### Requirement
Look through the records that follow. Copy every line containing the word "shows".

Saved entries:
•••

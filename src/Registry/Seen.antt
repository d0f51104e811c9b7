-- ===== src/Registry/Seen.antt =====
-- What run_status shows of a run that has ended.
use globuy.Prelude.{ℕ, ◌≡◌, refl, sym, ◌∙◌, ap, subst, Option, none, some, List}
use globuy.Sessions.Action.{Result, ok, err}
use globuy.Sessions.Runs.{StoreConfig, RunView, get_run}
use globuy.Sessions.Rows.{run_row}
use globuy.Sessions.Artifacts.{Artifact, list_artifacts}
use globuy.Broker.Table.{cursor_info, cursor_of, find_stream}
use globuy.Broker.Stream.{RunEventStream}
use globuy.Registry.Task.{World, Task, Script, execute}
use globuy.Registry.Streams.{HasOpen, type_of, ending_of, last_event}
use globuy.Registry.Rows.{HasLive, row_status}
use globuy.Registry.Ready.{get_run-row}
use globuy.Registry.Phases.{LeavesOpen}
use globuy.Registry.Ends.{delta_count, ending, shows, closes_at, closes_late}
use globuy.Registry.Lifecycle.{every_run_ends}
use globuy.Registry.View.{RunStatusView, run_status, view_run, view_files}

-- A view agrees with the run's row and with the end of its stream.
abbrev Agrees : ℕ → ℕ → World → Result RunStatusView → Type 0
Agrees t r w (err e) = Unit {0}
Agrees t r w (ok v) = shows t r w ≡ (some v.status, type_of v.cursor.terminal_event)

ending_of-cursor : (o : Option RunEventStream) → ending_of o ≡ type_of (cursor_of o).terminal_event
ending_of-cursor none = refl
ending_of-cursor (some s) = refl

files-Agrees :
    (enrich : Option (List ℕ) → Option (List ℕ)) (t r : ℕ) (w : World) (v : RunView)
    (files : Result (List Artifact))
    → run_row t r w.db ≡ some v.run
    → Agrees t r w (view_files enrich v (cursor_info t r w.broker) files)
unfolding cursor_info row_status last_event
files-Agrees enrich t r w v (err e) found = tt
files-Agrees enrich t r w v (ok files) found =
    rw (found, ending_of-cursor (find_stream t r w.broker)) refl

run-Agrees :
    (enrich : Option (List ℕ) → Option (List ℕ)) (t r : ℕ) (w : World) (files : List Artifact)
    (got : Result RunView)
    → (get_run t r none w.db).0 ≡ got
    → Agrees t r w (view_run enrich t r w files got)
run-Agrees enrich t r w files (err e) seen = tt
run-Agrees enrich t r w files (ok v) seen =
    files-Agrees enrich t r w v (list_artifacts t r w.db files) (get_run-row t r w.db v seen)

-- After a run that started in sound tables, live, with an open stream and an unused identifier for
-- its answer, has been executed by a script that does not interrupt the `except` block, while the other tasks leave the run to its task as
-- Registry.Lifecycle.every_run_ends asks them to, with no mark of a cancellation behind the move that
-- closes the row: a client that run_status answers is shown the status and the last event that the
-- script leads to, as that theorem has them.
pub ended_run_is_seen :
    (cfg : StoreConfig) (enrich : Option (List ℕ) → Option (List ℕ)) (t r message_id : ℕ)
    (s : Script) (k : Task) (files : List Artifact) (view : RunStatusView)
    → HasLive t r message_id k.world.db
    → HasOpen t r k.world.broker
    → s.late_stop ≡ none
    → LeavesOpen t r message_id (closes_at (delta_count s)) s.turns
    → LeavesOpen t r message_id (closes_late (delta_count s) s.stop) s.late_turns
    → run_status enrich t r (execute cfg t r message_id s k).world files ≡ ok view
    → let (status, event) = ending (delta_count s) s.stop in
      (view.status ≡ status) × (type_of view.cursor.terminal_event ≡ some event)
unfolding run_status
ended_run_is_seen cfg enrich t r message_id s k files view l o uncut a late answered =
    let w : World = (execute cfg t r message_id s k).world in
    let over = (every_run_ends cfg t r message_id s k l o uncut a late).0 in
    let agrees : Agrees t r w (ok view) =
      subst (Agrees t r w) answered
        (run-Agrees enrich t r w files (get_run t r none w.db).0 refl) in
    let same = sym agrees ∙ over in
    let statuses : some view.status ≡ some (ending (delta_count s) s.stop).0 = ap (λ q. q.0) same in
    (cc, ap (λ q. q.1) same)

•••

### Problem solution
-- What run_status shows of a run that has ended.
use globuy.Registry.Ends.{delta_count, ending, shows, closes_at, closes_late}
Agrees t r w (ok v) = shows t r w ≡ (some v.status, type_of v.cursor.terminal_event)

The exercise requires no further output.